After a long night through the Kimberley on the Gibb River Road (a clear exaggeration to call it a road in 1979) Commodore 05 led the Repco into Darwin by a slender 3 minute margin. Not bad we thought for the ‘publicity’ team.

After Darwin through knee deep bulldust similar to the Dakar fez-fez, creeks and cattle station tracks we were hardly ever bested. We did lose the lead to our team mates Ferguson, Bell and Boddy near Mount Isa, but not for long. This was our event and we intended to win it. Except for another small ‘off’ north of Kempsey, the home of the famed Southern Cross Rally of those years, we continued to build a lead and were rewarded by driving onto the show grounds at Melbourne as the winners of the ‘79 Repco Rally, the last of the great around Australia trials.

Because Brock was tragically killed in the Targa West in 2006, I decided that readers should know something of his part in this win. Peter listed this Repco win as his greatest achievement. Better even than Sandown or Bathurst, imagine Brock saying that. Brock was a circuit racer first and foremost but his ability in a car meant he could naturally turn his hand to most things in motorsport. Brock and I parted ways soon after those years so I am not here to comment on his life. Simply to indicate that from my perspective Peter, Matt and I enjoyed a great experience together during those two weeks. Peter brought his natural affinity behind the wheel to the crew. Matt brought his mechanical expertise and his expertise as a Victorian champion rally driver. I brought my navigational skills along with an ability to keep us all pointed in the same direction.

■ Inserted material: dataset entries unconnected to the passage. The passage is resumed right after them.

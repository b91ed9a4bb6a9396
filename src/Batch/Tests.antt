-- ===== src/Batch/Tests.antt =====
-- Batches of app/src/batchrunner.cpp on a few machines.
use mesh_commander.Prelude.{
  ◌≡◌, refl, ap, true, List, [], ◌∷◌, Option, none, some, map, arith, ℤ, pos,
}
use mesh_commander.Batch.Runner.{
  BatchStatus, done_ok, done_failed, skipped, Job, Reply, BatchRunner, Dispatcher, new_runner,
  begun, new_job, start, pump_queue, pump_from, turn, answered, then_on, on_reply, complete_one,
  store_reply, normalize, dispatch_job, emit_job_changed, find_running, finish, any_active,
  is_running,
}
use mesh_commander.Batch.Runner.Counts.{one, count_before}
use mesh_commander.Batch.Runner.Moves.{Moves}
use mesh_commander.Batch.Runner.Ends.{IsSettled}
use mesh_commander.Batch.Runner.Replies.{Gives}
use mesh_commander.Batch.Runner.Pump.{pump_queue-Moves}
use mesh_commander.Batch.Runner.Events.{
  start_batch, retry, reply_arrives, limit, IsSound, on_events, on_events-IsSound,
}

-- A dispatcher that answers later, and one that fails within the call.
abbrev later : Dispatcher
later requests = none

abbrev at_once : Dispatcher
at_once requests = some (record { status = done_failed; detail = [] })

abbrev rows : List ℤ
rows = pos 3 ∷ pos 4 ∷ pos 9 ∷ []

-- The third job waits for a slot.
abbrev two_slots : BatchRunner
two_slots = record (new_runner true) { max_concurrency = 2 }

abbrev fine : Reply
fine = record { status = done_ok; detail = [] }

statuses_of : Option BatchRunner → List BatchStatus
statuses_of none = []
statuses_of (some s) = map (λ (j : Job). j.status) s.jobs

one_waits :
    statuses_of (start [] later rows (pos 1) [] two_slots).0
    ≡ BatchStatus.running ∷ BatchStatus.running ∷ BatchStatus.pending ∷ []
unfolding statuses_of start pump_queue pump_from turn answered then_on on_reply complete_one
    store_reply normalize dispatch_job emit_job_changed find_running finish any_active
one_waits = refl

all_fail :
    statuses_of (start [] at_once rows (pos 1) [] two_slots).0
    ≡ done_failed ∷ done_failed ∷ done_failed ∷ []
unfolding statuses_of start pump_queue pump_from turn answered then_on on_reply complete_one
    store_reply normalize dispatch_job emit_job_changed find_running finish any_active
all_fail = refl

counted_at_start : 0 ≡ count_before is_running 3 (map new_job rows)
unfolding count_before
counted_at_start = refl

pump_queue-Moves_example :
    Gives
      (pump_queue [] at_once (begun rows (pos 1) [] two_slots))
      (λ t. Moves (begun rows (pos 1) [] two_slots) t × IsSettled t)
pump_queue-Moves_example =
    pump_queue-Moves [] at_once (begun rows (pos 1) [] two_slots) counted_at_start

on_events-IsSound_example :
    Gives
      (on_events [] later
        (start_batch rows (pos 1) [] ∷ limit (pos 1) ∷ reply_arrives (pos 4) fine ∷ retry ∷ [])
        (new_runner true))
      IsSound
on_events-IsSound_example =
    on_events-IsSound [] later
      (start_batch rows (pos 1) [] ∷ limit (pos 1) ∷ reply_arrives (pos 4) fine ∷ retry ∷ []) true

-- One job runs and one waits.
abbrev busy : BatchRunner
busy = record (new_runner true) {
  jobs = record { row = pos 3; status = BatchStatus.running; detail = [] } ∷ new_job (pos 4) ∷ [];
  max_concurrency = 1;
  inflight = 1;
  running = true;
}

busy-IsSound : IsSound busy
unfolding count_before
busy-IsSound = record {
  counted = refl;
  slots = omega arith;
  waiting = λ r. omega arith;
  at_rest = λ r. absurd (omega (arith, ap one r));
}

-- A batch that is over.
abbrev over : BatchRunner
over = record (new_runner true) {
  jobs =
      record { row = pos 3; status = done_ok; detail = [] }
      ∷ record { row = pos 4; status = skipped; detail = [] }
      ∷ [];
}

over-IsSound : IsSound over
unfolding count_before
over-IsSound = record {
  counted = refl;
  slots = omega arith;
  waiting = λ r. absurd (omega (arith, ap one r));
  at_rest = λ r. refl;
}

This combination is why the ‘publicity’ team won.

Readers will remember the often quoted ‘why do men climb mountains; answer, because they are there’. It is the same in long distance rallying; the 05 team did it because it was there; three of us and the Commodore and the desire to drive the next piece of rally track faster than anyone else.

Noel Richards lives in Brisbane where he is the Dean of the James Cook University Brisbane campus.